1 этап. Обезжирить стекло, протерев рабочую поверхность стекла мылом, кот затем удаляют салфеткой. Для взятия бактериальной культуры: - нагревают до покраснения бактериальную петлю в пламени горелки; - берут пробирку с исследуемой культурой в левую руку так, чтобы видеть поверхность среды; вращательным движением вынимают пробку из пробирки, прижимая ее мизинцем и безымянным пальцами правой руки к ладони; - обжигают край пробирки, осторожно вводят петлю и берут исследуемый материал; - вынимают петлю, обжигают край пробирки и закрывают пробкой. - взятый материал осторожно распределяют по предметному стеклу тонким слоем, после чего бактериальную петлю стерилизуют в пламени спиртовки;
2 этап. Если микроорганизмы выращены на плотной пит среде, то на обезжиренное стекло наносят каплю физ р-ра и в нее вносят петлей небольшое количество материала, кот распределяют тонким слоем на поверхности около 2 см2.

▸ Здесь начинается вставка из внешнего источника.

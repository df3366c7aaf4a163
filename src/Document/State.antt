-- ===== src/Document/State.antt =====
-- src/server/session-jsonl.ts: the state of SessionJsonl, what is serialized of it, and the timings of
-- tool calls that messages tell. JSON.stringify and SHA-256 are parameters; a text that is only stored
-- is a number.
use pipane.Base.{
  ℕ, Bool, true, false, Option, none, some, List, [], ◌∷◌, ◌++◌, ◌==◌, ◌&&◌, is_some, if◌then◌else◌,
}
use pipane.Base.Dict.{Dict, get, put}
use pipane.Sync.Patch.{Text}

-- A message by its role: an assistant's has its tool calls and error, a result the call it is for. A
-- timestamp that is no finite number is none.
pub data Message : Type 0 where
  assistant :
      (timestamp : Option ℕ)
      → (tool_calls : List ℕ) → (error_message : Option ℕ) → (body : ℕ) → Message
  tool_result : (timestamp : Option ℕ) → (tool_call_id : ℕ) → (body : ℕ) → Message
  other_message : (body : ℕ) → Message

pub record Timing : Type 0 where
  pub started_at : ℕ
  pub completed_at : Option ℕ

pub record Model : Type 0 where
  pub provider : ℕ
  pub model_id : ℕ

-- An entry of the flat list of messages: one of the session, or a partial result made into one.
pub data Shown : Type 0 where
  message : Message → Shown
  partial_result : (tool_call_id result timestamp : ℕ) → Shown

-- SessionState of a session that runs.
pub record SessionState : Type 0 where
  pub messages : List Shown
  pub pending_tool_calls : List ℕ
  pub tool_call_timings : Dict Timing
  pub model : Option Model
  pub thinking_level : ℕ
  pub steering_queue : List ℕ
  pub error : Option ℕ

pub record Platform : Type 0 where
  pub stringify : SessionState → Text
  pub compute_hash : Text → ℕ

pub record Document : Type 0 where
  pub messages : List Message
  pub stream_message : Option Message
  pub pending_tool_calls : List ℕ
  pub partial_tool_results : Dict ℕ
  pub tool_call_timings : Dict Timing
  pub model : Option Model
  pub thinking_level : ℕ
  pub steering_queue : List ℕ
  pub error : Option ℕ
  pub json : Text
  pub hash : ℕ
  pub version : ℕ

-- `timings[part.id] ??= { startedAt }`
unfoldable pub start_calls : ℕ → List ℕ → Dict Timing → Dict Timing
start_calls at [] timings = timings
start_calls at (id ∷ ids) timings =
    let started = put id (record { started_at = at; completed_at = none }) timings in
    start_calls at ids (if is_some (get id timings) then timings else started)

abbrev complete_call : ℕ → ℕ → Option Timing → Dict Timing → Dict Timing
complete_call id at none timings = timings
complete_call id at (some t) timings = put id (record t { completed_at = some at }) timings

unfoldable pub read_timing : Message → Dict Timing → Dict Timing
read_timing (assistant (some at) ids e b) timings = start_calls at ids timings
read_timing (tool_result (some at) id b) timings = complete_call id at (get id timings) timings
read_timing _ timings = timings

-- The loop of inferToolCallTimings.
unfoldable pub read_timings : List Message → Dict Timing → Dict Timing
read_timings [] timings = timings
read_timings (m ∷ ms) timings = read_timings ms (read_timing m timings)

-- inferToolCallTimings
abbrev pub infer_tool_call_timings : List Message → Dict Timing
infer_tool_call_timings messages = read_timings messages []

-- The partial results as messages, made at the time of the call.
abbrev pub show_partial : ℕ → Dict ℕ → List Shown
show_partial now [] = []
show_partial now ((id, result) ∷ results) = partial_result id result now ∷ show_partial now results

abbrev pub show_messages : List Message → List Shown
show_messages [] = []
show_messages (m ∷ ms) = message m ∷ show_messages ms

abbrev pub show_stream : Option Message → List Shown
show_stream none = []
show_stream (some m) = message m ∷ []

-- buildState
unfoldable pub build_state : ℕ → Document → SessionState
build_state now d = record {
  messages =
      show_messages d.messages
      ++ (show_partial now d.partial_tool_results ++ show_stream d.stream_message);
  pending_tool_calls = d.pending_tool_calls;
  tool_call_timings = d.tool_call_timings;
  model = d.model;
  thinking_level = d.thinking_level;
  steering_queue = d.steering_queue;
  error = d.error;
}

abbrev pub same_text : Text → Text → Bool
same_text [] [] = true
same_text (x ∷ xs) (y ∷ ys) = x == y && same_text xs ys
same_text _ _ = false

module _ (platform : Platform) where
  open platform use {stringify, compute_hash}

  -- rebuildJson
  unfoldable pub rebuild_json : ℕ → Document → Document
  rebuild_json now d =
      let json = stringify (build_state now d) in
      record d { json = json; hash = if same_text json d.json then d.hash else compute_hash json }

  -- The constructor, without timings of its own.
  unfoldable pub new_document : ℕ → List Message → Option Model → ℕ → Document
  new_document now messages model thinking_level =
      let bare : Document = record {
        messages = messages;
        stream_message = none;
        pending_tool_calls = [];
        partial_tool_results = [];
        tool_call_timings = infer_tool_call_timings messages;
        model = model;
        thinking_level = thinking_level;
        steering_queue = [];
        error = none;
        json = [];
        hash = 0;
        version = 1;
      } in
      let json = stringify (build_state now bare) in
      record bare { json = json; hash = compute_hash json }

3 этап. Мазок высушивают на воздухе и фиксируют. В процессе фиксации микробные кл погибают, этим достигается безопасность работы с ними. Убитые микроорганизмы лучше воспринимают красители, чем живые. В фиксированном мазке кл прикрепляются к стеклу и не смываются при последующей обработке. - фиксация препарата: высушенные мазки подвергают термической (предметное стекло (мазком вверх) проводят несколько раз через пламя горелки) или химической (фиксирующие р-ры: формалин, спирты, глутаральдегид, жидкость Карнау, ацетон, пары осмиевой кислоты) обработке, в результате кот бакт погибают и плотно прикрепляются к поверхности стекла.
Для количественного учета, изучения морфологии, выявления спор, капсул, органоидов, включений препарат-мазок необходимо зафиксировать и окрасить.
Методы фиксации
Физический метод |
Химический метод |
Фиксация мазка над пламенем спиртовки в течение нескольких секунд мазком вверх |
Мазок погружают в фиксатор на определенное вр. В кач-ве фиксатора испол: этанол – 10-15 мин; ацетон – 5 мин; смесь Никифорова (этанол +эфир – 1:1) – 10-15 мин и др. |
Методы окраски
Простые методы (ориентировочные) |
Сложные методы (дифференцирующие) |
1. Применяют для изучения морфологии микроорг. 2. Окрашивают одним красителем анилинового ряда (основным или кислым): кислый фуксин, метиленовый синий, эозин, генциановый фиолетовый. |
1. Применяют для изучения структуры кл, дифференциации микроорганизмов. 2. Испол несколько красителей. Окраска по методу: Грама, Циля-Нильсена, Ожешко, Романовского-Гимза, Нейссера Гинса-Бурри. |
Преимущественно для окраски микроорганизмов используют основные красители. Краситель наливают на поверхность мазка на определенное вр, затем мазок промывают до тех пор, пока струи воды не станут бесцветными, осторожно высушивают фильтровальной бумагой. Если мазок правильно окрашен и промыт, то поле зрения абсолютно прозрачно, а клетки микробов интенсивно окрашены.